I go between 250-260. Add 10-15lbs for my camelback. So we are close. If you want bomb proof, go 36 hole mammoths if you can live with the weight. I have 2 sets of 32 hole mammoth on lx hubs and 2 sets of 36 hole rhyno lites on xt disk. Both have been great. rhynos I have only had for 4-5 months, mammoths for 3-4 years. 

Retension is checking the tension on all the spokes(usually loose if machine built). Then I stress relieve them by putting the hub on the side and putting weight on the rim. then do otherside. You will hear popping of the spokes. Then I grab spokes pairs in my hand and squeeze hard(gloves recomended) and also where the spokes v I put a lever in there and torque. The spokes will loosen slightly because of wind up. After than I retension the spokes.

Dishing is making sure the rim is centered on the hub. Some machine built I have recieved has been of by 1/4-1/2 an inch. 

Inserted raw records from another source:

-- ===== src/Dungeon/Grid.antt =====
-- internal/models/dungeon.go and internal/repository/dungeon.go: cells of the dungeon grid.
use magic_jigsaw.Prelude.{
  ◌+◌, ◌-◌, ◌≡◌, ◌⊎◌, inl, inr, Bool, true, false, ◌&&◌, List, [], ◌∷◌, arith, ℤ, pos, negsuc,
  pos_part, ◌+ℤ◌, ◌≤ℤ◌, ◌<ℤ◌, int_le, int_lt, int_eq, int_add, int_sub, int_neg, if◌then◌else◌, In,
  Bool-cases, ◌≢◌,
}
use magic_jigsaw.Db.Schema.{Cell}

-- const DungeonGridCols, DungeonGridRows
abbrev pub dungeon_grid_cols : ℤ
dungeon_grid_cols = pos 6

abbrev pub dungeon_grid_rows : ℤ
dungeon_grid_rows = pos 8

-- `a == b` on models.Cell
unfoldable pub cell_eq : Cell → Cell → Bool
cell_eq a b = int_eq a.row b.row && int_eq a.col b.col

unfoldable pub cell_in_bounds : Cell → Bool
cell_in_bounds c =
    int_le (pos 0) c.row
    && (int_lt c.row dungeon_grid_rows && (int_le (pos 0) c.col && int_lt c.col dungeon_grid_cols))

-- `d := a - b; if d < 0 { d = -d }`
unfoldable pub abs_diff : ℤ → ℤ → ℤ
abs_diff a b = let d = int_sub a b in if int_lt d (pos 0) then int_neg d else d

-- repository.manhattan
unfoldable pub manhattan : Cell → Cell → ℤ
manhattan a b = int_add (abs_diff a.row b.row) (abs_diff a.col b.col)

-- models.cellsAdjacent
unfoldable pub cells_adjacent : Cell → Cell → Bool
cells_adjacent a b = int_eq (int_add (abs_diff a.row b.row) (abs_diff a.col b.col)) (pos 1)

-- `seen[c]` of a set of cells
unfoldable pub has_cell : Cell → List Cell → Bool
has_cell c [] = false
has_cell c (x ∷ xs) = if cell_eq x c then true else has_cell c xs

-- On the grid of 8 rows and 6 columns.
abbrev pub InBounds : Cell → Type 0
InBounds c = (pos 0 ≤ℤ c.row) × (c.row <ℤ pos 8) × (pos 0 ≤ℤ c.col) × (c.col <ℤ pos 6)

abbrev Next : ℤ → ℤ → Type 0
Next a b = (b ≡ a +ℤ pos 1) ⊎ (a ≡ b +ℤ pos 1)

-- The cells share a side.
abbrev pub Adjacent : Cell → Cell → Type 0
Adjacent a b = ((a.row ≡ b.row) × Next a.col b.col) ⊎ ((a.col ≡ b.col) × Next a.row b.row)

pub cell_eq-eq : (a b : Cell) → cell_eq a b ≡ true → a ≡ b
unfolding cell_eq
cell_eq-eq a b h = ground arith

pub cell_eq_self : (a : Cell) → cell_eq a a ≡ true
unfolding cell_eq
cell_eq_self a = ground arith

pub cell_eq-ne : (a b : Cell) → a ≢ b → cell_eq a b ≡ false
cell_eq-ne a b h = ground (arith, cell_eq-eq a b)

pub cell_in_bounds-InBounds : (c : Cell) → cell_in_bounds c ≡ true → InBounds c
unfolding cell_in_bounds
cell_in_bounds-InBounds c h = ground arith

pub InBounds-cell_in_bounds : (c : Cell) → InBounds c → cell_in_bounds c ≡ true
unfolding cell_in_bounds
InBounds-cell_in_bounds c h = ground arith

pub has_cell-In : (c : Cell) (xs : List Cell) → has_cell c xs ≡ true → In c xs
unfolding has_cell
has_cell-In c [] h = ground arith
has_cell-In c (x ∷ xs) h = elim (Bool-cases (cell_eq x c)) [
  | inl e ↦ inl (ground (arith, cell_eq-eq x c e))
  | inr e ↦ inr (has_cell-In c xs (ground arith))
]

pub In-has_cell : (c : Cell) (xs : List Cell) → In c xs → has_cell c xs ≡ true
unfolding has_cell
In-has_cell c [] h = absurd h
In-has_cell c (x ∷ xs) (inl e) = ground (arith, cell_eq_self x)
In-has_cell c (x ∷ xs) (inr h) = ground (arith, In-has_cell c xs h)

-- In range the difference does not wrap around.
abs_diff_small :
    (a b : ℤ)
    → pos 0 ≤ℤ a
    → a <ℤ pos 8
    → pos 0 ≤ℤ b
    → b <ℤ pos 8
    → abs_diff a b ≡ pos ((pos_part a - pos_part b) + (pos_part b - pos_part a))
unfolding abs_diff
abs_diff_small (pos a) (pos b) p q r t = ground arith
abs_diff_small (negsuc a) b p q r t = absurd (omega arith)
abs_diff_small (pos a) (negsuc b) p q r t = absurd (omega arith)

pub manhattan_small :
    (a b : Cell)
    → InBounds a
    → InBounds b
    → manhattan a b
      ≡ pos (
          (pos_part a.row - pos_part b.row)
          + (pos_part b.row - pos_part a.row)
          + ((pos_part a.col - pos_part b.col) + (pos_part b.col - pos_part a.col)))
unfolding manhattan
manhattan_small a b p q =
    rw
      (
        abs_diff_small a.row b.row p.0 p.1 q.0 q.1,
        abs_diff_small a.col b.col p.2 (omega arith) q.2 (omega arith),
      )
      (ground arith)

pub cells_adjacent-Adjacent :
    (a b : Cell) → InBounds a → InBounds b → cells_adjacent a b ≡ true → Adjacent a b
unfolding cells_adjacent manhattan
cells_adjacent-Adjacent a b p q h = ground (arith, manhattan_small a b p q)

pub Adjacent-cells_adjacent :
    (a b : Cell) → InBounds a → InBounds b → Adjacent a b → cells_adjacent a b ≡ true
unfolding cells_adjacent manhattan
Adjacent-cells_adjacent a b p q h = ground (arith, manhattan_small a b p q)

When you buy machine built at our weight make sure you get a decent name brand spoke like dt. Are you buying rims and having them built up or getting a premade wheelset? What kind of riding are you going to do with these wheels?


----------



## Behrtattoo (Dec 30, 2004)

pherret said:


> I go between 250-260. Add 10-15lbs for my camelback. So we are close. If you want bomb proof, go 36 hole mammoths if you can live with the weight. I have 2 sets of 32 hole mammoth on lx hubs and 2 sets of 36 hole rhyno lites on xt disk. Both have been great. rhynos I have only had for 4-5 months, mammoths for 3-4 years.
> 
> Retension is checking the tension on all the spokes(usually loose if machine built). Then I stress relieve them by putting the hub on the side and putting weight on the rim. then do otherside. You will hear popping of the spokes. Then I grab spokes pairs in my hand and squeeze hard(gloves recomended) and also where the spokes v I put a lever in there and torque. The spokes will loosen slightly because of wind up. After than I retension the spokes.
> 
> ...


These will be mostly for XC. I ride very aggressive, and my riding (other than climbs) doesn't show my weight. I enjoy my SS more than my 9sp. I ride an avg of 60mi a week when I work the weekend. When I have off the weekend that avg goes to 90mi.

I looked at the Rhyno's cause of cost. I am a family man with kids and I am putting myself through college. So cost is important.

I plan to buy them as a completed wheelset. I am in pretty good with the mng of my LBS, so I'm hoping he can make all the adjustments for me.

Thanks again for your help.


----------



## pherret (Feb 18, 2004)

If you do decide on the rhyno/xt setup, I bought 2 from nashbar which has them priced at 149. Get them to price match to 119.98 at pricepoint and then find a 10 or 20 percent coupon and have them apply it. One person said they couldn't and the next time I called they said they could. I got 2 sets at 95. When I bought them they were using dt spokes. Definately retension them and check the dish if you get from nashbar. Both of mine were on the loose side and one was dished perfectly the other set wasn't. 

How do you like the SS? I have thought about converting my ht to ss but don't know if I would make it up the hills.


----------



## Behrtattoo (Dec 30, 2004)

pherret said:


> If you do decide on the rhyno/xt setup, I bought 2 from nashbar which has them priced at 149. Get them to price match to 119.98 at pricepoint and then find a 10 or 20 percent coupon and have them apply it. One person said they couldn't and the next time I called they said they could. I got 2 sets at 95. When I bought them they were using dt spokes. Definately retension them and check the dish if you get from nashbar. Both of mine were on the loose side and one was dished perfectly the other set wasn't.
> 
> How do you like the SS? I have thought about converting my ht to ss but don't know if I would make it up the hills.


I got a Redline Monocog Flight for xmas. I like it enough that even though I am looking for wheels for my geared, I would rather ride the SS. LOL..you can make it up the hills.


----------